We have all heard of invading armies being allowed to proceed on their march unmolested only to be treated with additional severity on arriving at the enemies' camp. So it was with the colonists. They got through with very little difficulty, and no one took the trouble to interfere with their progress. Men who had been in the promised land for the purpose, had located a suitable spot for the formation of the proposed colony, and here the people were directed. One of the party had some knowledge of land laws, and after a long hunt he succeeded in locating one of the section corners established by the recent Government survey. This being done, quarter-sections were selected by each of the newcomers, and work commenced with a will. Tents and huts were put up as rapidly as possible, and before a week had passed the newcomers were fairly well settled. They even selected a town site and built castles in the air of a most remarkable character.

 

That they were monarchs of all they surveyed seemed to be obvious, and for some weeks their right there was none to dispute. Then by degrees the cowboys who were herding cattle in the neighborhood began to drop hints of possible interference, and while these suggestions were being discussed a company of United States troops suddenly appeared. With very little explanation they arrested every man in the colony for treason and conspiracy, and proceeded to drive the colonists out of the country.

 

People line up for the Oklahoma Land Run in Caldwell, Kansas

In 1893, more than 15,000 people lined up for Oklahoma Land Run in Caldwell, Kansas.

 

The men were compelled to hitch up their horses, and, succumbing to force of numbers, the colonists sadly and wearily advanced to Fort Reno, where they were turned over to the authorities. After being kept in confinement for five days they were released, and told to get back into Kansas as rapidly as possible. Government officials saw that the order was carried out, and then left the colonists to themselves.

 

The men lost no time in making up their minds to organize a second attempt to establish homes for their families, and once more they made the march.
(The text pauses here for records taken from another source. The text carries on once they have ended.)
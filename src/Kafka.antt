-- ===== src/Kafka.antt =====
-- internal/kafkax: events, messages and the producers. `encoding/json` is a parameter, a codec.
pub mod Key
pub mod Copies
pub mod Writers
pub mod Partitions
use flashsale_reservation.Prelude.{
  ℕ, zero, suc, ◌+◌, ◌-◌, ◌/◌, ◌%◌, Option, none, some, List, [], ◌∷◌, ◌++◌, take, ltb,
  if◌then◌else◌,
}
use flashsale_reservation.Prelude.Int.{ℤ}
use flashsale_reservation.Prelude.Text.{Text}
use flashsale_reservation.Prelude.Result.{Result, ok, err}

-- event.go
pub record PurchaseAttempted : Type 0 where
  pub item_id : Text
  pub user_id : Text
  pub quantity : ℤ
  pub idempotency_key : Text
  pub attempted_at : ℤ

-- waitingroom_event.go
pub record BuyerJoined : Type 0 where
  pub item_id : Text
  pub user_id : Text
  pub remote_addr : Text
  pub joined_at : ℤ

-- dlq.go
pub record DeadLetter : Type 0 where
  pub original_topic : Text
  pub original_partition : ℤ
  pub original_offset : ℤ
  pub original_key : Text
  pub original_value : Text
  pub reason : Text
  pub attempt_count : ℕ
  pub failed_at : ℤ

pub record Codec {ℓ} (A : Type ℓ) : Type ℓ where
  pub marshal : A → Option Text
  pub unmarshal : Text → Option A

-- What a producer hands to `WriteMessages`.
pub record Record : Type 0 where
  pub key : Text
  pub value : Text

-- How a synchronous write ends: acknowledged, failed with nothing written, or written with the
-- acknowledgement lost; or the acknowledgement of a try is lost and the writer, which has MaxAttempts
-- tries, writes the record again.
pub data Delivery : Type 0 where
  acknowledged failed unacknowledged : Delivery
  rewritten : Delivery → Delivery

pub data Error : Type 0 where
  not_marshaled not_published not_decoded no_random_bytes : Error

abbrev pub write_message : Delivery → Record → List Record → Result Error (Unit {0}) × List Record
write_message acknowledged m log = (ok tt, log ++ (m ∷ []))
write_message failed m log = (err not_published, log)
write_message unacknowledged m log = (err not_published, log ++ (m ∷ []))
write_message (rewritten d) m log = write_message d m (log ++ (m ∷ []))

-- The three producers: marshal, then write under the key that picks the partition.
abbrev pub publish {ℓ} :
    {A : Type ℓ}
    → Codec A
    → (A → Text)
    → Delivery
    → A
    → List Record
    → Result Error (Unit {0}) × List Record
publish codec key_of d event log = elim (codec.marshal event) [
  | none ↦ (err not_marshaled, log)
  | some v ↦ write_message d (record { key = key_of event; value = v }) log
]

unfoldable pub publish_attempt :
    Codec PurchaseAttempted
    → Delivery
    → PurchaseAttempted
    → List Record
    → Result Error (Unit {0}) × List Record
publish_attempt codec d event log = publish codec (λ e. e.item_id) d event log

unfoldable pub publish_buyer_joined :
    Codec BuyerJoined → Delivery → BuyerJoined → List Record → Result Error (Unit {0}) × List Record
publish_buyer_joined codec d event log = publish codec (λ e. e.user_id) d event log

unfoldable pub publish_dead_letter :
    Codec DeadLetter → Delivery → DeadLetter → List Record → Result Error (Unit {0}) × List Record
publish_dead_letter codec d dl log = publish codec (λ e. e.original_key) d dl log

unfoldable pub decode_attempt : Codec PurchaseAttempted → Text → Result Error PurchaseAttempted
decode_attempt codec value = elim (codec.unmarshal value) [
  | none ↦ err not_decoded
  | some attempt ↦ ok attempt
]

-- One lower-case hexadecimal digit, and `%x` of a slice of bytes.
abbrev pub hex_digit : ℕ → ℕ
hex_digit d = if ltb d 10 then b'0' + d else b'a' + (d - 10)

unfoldable pub hex : List ℕ → Text
hex [] = []
hex (b ∷ bs) = hex_digit (b / 16) ∷ hex_digit (b % 16) ∷ hex bs

abbrev pub drop : ℕ → List ℕ → List ℕ
drop zero xs = xs
drop (suc n) [] = []
drop (suc n) (x ∷ xs) = drop n xs

abbrev pub dash : ℕ
dash = b'-'

-- "%x-%x-%x-%x-%x" of b[0:4], b[4:6], b[6:8], b[8:10] and b[10:16].
unfoldable pub format_key : List ℕ → Text
format_key b =
    hex (take 4 b)
    ++ (dash
        ∷ (hex (take 2 (drop 4 b))
            ++ (dash
                ∷ (hex (take 2 (drop 6 b))
                    ++ (dash ∷ (hex (take 2 (drop 8 b)) ++ (dash ∷ hex (take 6 (drop 10 b)))))))))

-- `rand.Read` fills the 16 bytes or fails.
unfoldable pub new_idempotency_key : Option (List ℕ) → Result Error Text
new_idempotency_key none = err no_random_bytes
new_idempotency_key (some b) = ok (format_key b)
A bitter disappointment awaited them, for they found that their cabins had all been destroyed and they had to commence work over again. This they did, and they had scarcely got themselves comfortable when another small detachment of troops arrived to turn them out. The men were tied by means of ropes to the tail-ends of wagons, and driven like cattle across the prairie to the military fort. For a third time they conducted an invasion, and for the third time they were attacked by Government troops.

 

A spirit of determination had, however, come over the men in the interval, and an attempt was made to resist the onslaught of the soldiers. The Lieutenant in charge was astonished at the attitude assumed, and did not care to assume the responsibility of ordering his men to fire, as many of the colonists were well armed and were undoubtedly crack shots. He, accordingly, adopted more diplomatic measures, and, by establishing somewhat friendly relations, got into close quarters with the settlers. A rough and tumble fight with fists soon afterwards resulted, and the hard fists and brawny arms of the settlers proved too much for the regulars, who were for the time being driven off.